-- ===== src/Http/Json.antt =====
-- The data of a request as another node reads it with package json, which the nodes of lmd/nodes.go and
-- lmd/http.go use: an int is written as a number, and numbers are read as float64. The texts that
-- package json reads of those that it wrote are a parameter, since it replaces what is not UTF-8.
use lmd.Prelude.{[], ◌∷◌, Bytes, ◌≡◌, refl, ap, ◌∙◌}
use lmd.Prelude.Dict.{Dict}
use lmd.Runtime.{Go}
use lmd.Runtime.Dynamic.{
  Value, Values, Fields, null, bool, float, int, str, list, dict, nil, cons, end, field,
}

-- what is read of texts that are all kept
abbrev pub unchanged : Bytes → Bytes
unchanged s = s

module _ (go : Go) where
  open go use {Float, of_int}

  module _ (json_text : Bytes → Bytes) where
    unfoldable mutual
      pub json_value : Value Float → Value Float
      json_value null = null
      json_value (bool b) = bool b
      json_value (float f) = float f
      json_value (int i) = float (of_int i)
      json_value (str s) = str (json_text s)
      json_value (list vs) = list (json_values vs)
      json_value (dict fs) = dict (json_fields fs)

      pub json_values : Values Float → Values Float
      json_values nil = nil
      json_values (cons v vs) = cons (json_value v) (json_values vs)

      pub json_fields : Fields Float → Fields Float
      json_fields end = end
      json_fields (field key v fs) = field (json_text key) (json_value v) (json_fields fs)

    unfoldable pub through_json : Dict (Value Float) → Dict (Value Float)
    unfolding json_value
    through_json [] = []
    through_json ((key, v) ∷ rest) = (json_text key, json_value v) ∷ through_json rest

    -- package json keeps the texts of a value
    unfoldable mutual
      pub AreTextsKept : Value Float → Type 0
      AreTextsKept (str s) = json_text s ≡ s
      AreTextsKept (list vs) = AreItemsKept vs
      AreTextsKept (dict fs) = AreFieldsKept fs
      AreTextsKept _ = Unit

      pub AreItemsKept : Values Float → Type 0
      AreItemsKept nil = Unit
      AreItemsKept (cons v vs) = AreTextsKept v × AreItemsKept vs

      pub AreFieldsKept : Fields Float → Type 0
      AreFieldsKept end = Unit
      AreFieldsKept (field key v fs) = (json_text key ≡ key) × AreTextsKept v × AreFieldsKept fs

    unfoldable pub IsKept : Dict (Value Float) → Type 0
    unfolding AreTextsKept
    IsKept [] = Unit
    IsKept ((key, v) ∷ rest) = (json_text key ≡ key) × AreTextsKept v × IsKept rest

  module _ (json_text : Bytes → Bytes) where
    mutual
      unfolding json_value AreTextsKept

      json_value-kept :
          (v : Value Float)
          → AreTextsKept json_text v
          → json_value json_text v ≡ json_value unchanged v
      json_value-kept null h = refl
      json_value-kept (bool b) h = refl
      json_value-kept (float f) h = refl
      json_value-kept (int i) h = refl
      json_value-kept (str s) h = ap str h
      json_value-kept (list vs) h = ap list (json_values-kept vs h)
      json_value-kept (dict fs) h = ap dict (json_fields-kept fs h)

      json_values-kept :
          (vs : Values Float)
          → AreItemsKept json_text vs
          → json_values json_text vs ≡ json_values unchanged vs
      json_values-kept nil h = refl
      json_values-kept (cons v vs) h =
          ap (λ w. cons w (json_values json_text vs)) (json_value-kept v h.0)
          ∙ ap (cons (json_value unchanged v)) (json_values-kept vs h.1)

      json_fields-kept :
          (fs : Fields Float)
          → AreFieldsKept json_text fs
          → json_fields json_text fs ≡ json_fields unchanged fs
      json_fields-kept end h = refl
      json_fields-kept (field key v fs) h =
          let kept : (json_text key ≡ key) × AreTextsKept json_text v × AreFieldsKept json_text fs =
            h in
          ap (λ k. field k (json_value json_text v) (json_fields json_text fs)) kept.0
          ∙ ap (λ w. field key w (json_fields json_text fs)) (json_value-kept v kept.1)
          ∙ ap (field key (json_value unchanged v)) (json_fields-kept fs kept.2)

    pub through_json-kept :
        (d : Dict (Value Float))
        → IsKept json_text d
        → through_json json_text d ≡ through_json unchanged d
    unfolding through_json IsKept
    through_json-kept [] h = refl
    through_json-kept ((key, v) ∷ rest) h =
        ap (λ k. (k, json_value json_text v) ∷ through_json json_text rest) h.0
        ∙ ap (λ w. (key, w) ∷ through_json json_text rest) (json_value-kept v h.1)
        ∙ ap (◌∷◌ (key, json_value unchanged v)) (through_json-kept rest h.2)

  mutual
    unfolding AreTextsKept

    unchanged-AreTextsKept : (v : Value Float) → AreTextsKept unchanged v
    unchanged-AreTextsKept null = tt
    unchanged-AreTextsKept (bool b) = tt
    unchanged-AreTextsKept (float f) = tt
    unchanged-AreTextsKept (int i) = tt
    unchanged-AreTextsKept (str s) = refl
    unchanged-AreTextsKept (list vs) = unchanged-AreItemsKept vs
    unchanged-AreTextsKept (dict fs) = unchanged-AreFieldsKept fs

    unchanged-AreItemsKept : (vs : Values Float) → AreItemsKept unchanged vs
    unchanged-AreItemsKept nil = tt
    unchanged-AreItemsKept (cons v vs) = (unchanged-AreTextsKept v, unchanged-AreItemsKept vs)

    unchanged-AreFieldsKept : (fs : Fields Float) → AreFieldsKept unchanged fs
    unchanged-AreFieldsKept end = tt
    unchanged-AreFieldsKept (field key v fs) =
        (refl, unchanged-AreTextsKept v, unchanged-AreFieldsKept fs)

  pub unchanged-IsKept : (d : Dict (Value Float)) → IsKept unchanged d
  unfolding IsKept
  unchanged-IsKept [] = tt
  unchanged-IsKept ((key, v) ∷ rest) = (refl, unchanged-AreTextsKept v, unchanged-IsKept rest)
--
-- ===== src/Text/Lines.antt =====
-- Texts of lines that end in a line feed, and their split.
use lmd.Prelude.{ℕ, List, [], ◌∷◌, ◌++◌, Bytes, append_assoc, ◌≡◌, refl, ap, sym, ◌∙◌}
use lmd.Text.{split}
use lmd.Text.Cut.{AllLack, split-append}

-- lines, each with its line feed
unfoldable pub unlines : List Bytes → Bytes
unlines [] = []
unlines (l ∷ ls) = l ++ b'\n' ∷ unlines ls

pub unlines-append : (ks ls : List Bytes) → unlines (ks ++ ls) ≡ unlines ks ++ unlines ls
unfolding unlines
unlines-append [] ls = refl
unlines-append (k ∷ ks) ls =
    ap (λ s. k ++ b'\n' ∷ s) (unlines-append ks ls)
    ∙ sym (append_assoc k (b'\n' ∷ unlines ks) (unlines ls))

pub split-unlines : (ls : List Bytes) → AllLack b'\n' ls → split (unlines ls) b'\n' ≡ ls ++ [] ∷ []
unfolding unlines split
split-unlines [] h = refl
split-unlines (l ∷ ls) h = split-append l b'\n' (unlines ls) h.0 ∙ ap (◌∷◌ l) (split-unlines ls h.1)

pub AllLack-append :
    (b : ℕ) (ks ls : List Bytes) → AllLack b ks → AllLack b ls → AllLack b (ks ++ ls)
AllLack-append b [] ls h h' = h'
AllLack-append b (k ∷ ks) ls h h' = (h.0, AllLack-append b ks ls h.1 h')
...
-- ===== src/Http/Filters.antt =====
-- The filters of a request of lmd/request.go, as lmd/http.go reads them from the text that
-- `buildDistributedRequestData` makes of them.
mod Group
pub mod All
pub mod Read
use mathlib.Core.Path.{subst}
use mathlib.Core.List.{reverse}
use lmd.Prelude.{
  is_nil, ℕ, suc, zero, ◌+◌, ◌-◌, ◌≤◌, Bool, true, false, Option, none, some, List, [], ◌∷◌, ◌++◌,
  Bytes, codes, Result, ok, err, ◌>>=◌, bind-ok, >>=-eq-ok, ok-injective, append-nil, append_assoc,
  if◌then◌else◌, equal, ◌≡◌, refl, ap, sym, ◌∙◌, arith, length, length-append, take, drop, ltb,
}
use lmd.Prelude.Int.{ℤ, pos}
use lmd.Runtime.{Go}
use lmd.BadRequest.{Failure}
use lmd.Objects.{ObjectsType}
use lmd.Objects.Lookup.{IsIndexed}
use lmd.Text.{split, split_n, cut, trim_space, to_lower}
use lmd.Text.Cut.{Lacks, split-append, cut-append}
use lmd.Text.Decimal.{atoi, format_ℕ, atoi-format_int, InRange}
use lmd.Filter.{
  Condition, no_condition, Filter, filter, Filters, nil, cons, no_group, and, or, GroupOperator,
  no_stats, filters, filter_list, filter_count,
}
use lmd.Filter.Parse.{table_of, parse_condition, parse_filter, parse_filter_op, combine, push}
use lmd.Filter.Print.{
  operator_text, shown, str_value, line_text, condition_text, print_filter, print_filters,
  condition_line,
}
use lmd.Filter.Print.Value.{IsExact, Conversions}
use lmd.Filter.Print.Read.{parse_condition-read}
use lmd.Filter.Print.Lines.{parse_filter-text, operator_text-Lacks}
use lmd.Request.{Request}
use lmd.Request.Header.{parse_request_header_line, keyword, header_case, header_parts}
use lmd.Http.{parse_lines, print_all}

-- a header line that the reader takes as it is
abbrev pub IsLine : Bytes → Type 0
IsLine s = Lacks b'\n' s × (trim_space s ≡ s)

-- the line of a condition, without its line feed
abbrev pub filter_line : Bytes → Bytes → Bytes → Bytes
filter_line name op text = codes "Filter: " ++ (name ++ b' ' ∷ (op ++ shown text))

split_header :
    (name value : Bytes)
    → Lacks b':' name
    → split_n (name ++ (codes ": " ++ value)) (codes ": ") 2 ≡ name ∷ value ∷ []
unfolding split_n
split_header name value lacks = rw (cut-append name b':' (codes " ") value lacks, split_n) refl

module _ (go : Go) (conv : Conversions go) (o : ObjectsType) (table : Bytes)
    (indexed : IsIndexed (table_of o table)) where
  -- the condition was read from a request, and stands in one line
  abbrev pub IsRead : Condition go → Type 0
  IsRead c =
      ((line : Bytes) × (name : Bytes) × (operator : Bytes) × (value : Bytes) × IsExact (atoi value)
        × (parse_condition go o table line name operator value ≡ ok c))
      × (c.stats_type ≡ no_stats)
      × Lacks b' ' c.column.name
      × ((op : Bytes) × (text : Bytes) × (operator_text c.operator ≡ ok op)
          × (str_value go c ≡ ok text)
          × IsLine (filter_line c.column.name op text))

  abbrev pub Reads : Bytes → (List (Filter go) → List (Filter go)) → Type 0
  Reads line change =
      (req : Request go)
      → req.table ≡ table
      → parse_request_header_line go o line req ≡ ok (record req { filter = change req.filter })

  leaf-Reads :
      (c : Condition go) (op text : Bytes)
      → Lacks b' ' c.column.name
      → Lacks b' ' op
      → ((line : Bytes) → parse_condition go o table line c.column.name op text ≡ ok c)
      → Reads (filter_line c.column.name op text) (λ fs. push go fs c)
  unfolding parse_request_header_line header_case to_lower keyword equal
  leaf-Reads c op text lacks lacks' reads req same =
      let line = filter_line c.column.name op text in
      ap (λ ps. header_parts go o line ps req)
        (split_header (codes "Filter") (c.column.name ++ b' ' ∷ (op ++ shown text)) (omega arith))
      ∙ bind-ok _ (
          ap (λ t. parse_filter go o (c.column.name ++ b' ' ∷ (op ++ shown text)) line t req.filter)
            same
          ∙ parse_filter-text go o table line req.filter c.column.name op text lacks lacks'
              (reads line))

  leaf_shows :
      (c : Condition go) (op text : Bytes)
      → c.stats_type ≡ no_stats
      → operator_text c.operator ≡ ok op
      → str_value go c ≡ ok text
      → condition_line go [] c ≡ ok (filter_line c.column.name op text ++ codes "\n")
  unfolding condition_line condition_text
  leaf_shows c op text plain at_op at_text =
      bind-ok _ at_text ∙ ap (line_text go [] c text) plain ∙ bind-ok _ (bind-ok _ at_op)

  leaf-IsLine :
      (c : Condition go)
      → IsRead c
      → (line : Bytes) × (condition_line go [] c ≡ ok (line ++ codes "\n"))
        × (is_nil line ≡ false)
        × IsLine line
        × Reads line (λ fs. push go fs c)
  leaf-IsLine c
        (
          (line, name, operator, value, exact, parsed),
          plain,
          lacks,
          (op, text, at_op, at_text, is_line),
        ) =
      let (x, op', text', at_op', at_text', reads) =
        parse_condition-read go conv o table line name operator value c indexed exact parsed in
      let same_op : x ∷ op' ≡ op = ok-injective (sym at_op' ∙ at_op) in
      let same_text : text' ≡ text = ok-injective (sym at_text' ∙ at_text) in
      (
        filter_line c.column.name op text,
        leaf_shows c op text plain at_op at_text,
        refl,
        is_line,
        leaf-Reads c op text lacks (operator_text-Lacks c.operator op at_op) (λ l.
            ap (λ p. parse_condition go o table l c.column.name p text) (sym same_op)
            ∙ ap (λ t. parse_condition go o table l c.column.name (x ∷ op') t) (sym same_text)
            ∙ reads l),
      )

[Your objective]:
State the number of lines in the entries above that contain the word "feed", and nothing more.

[Written reply]:
3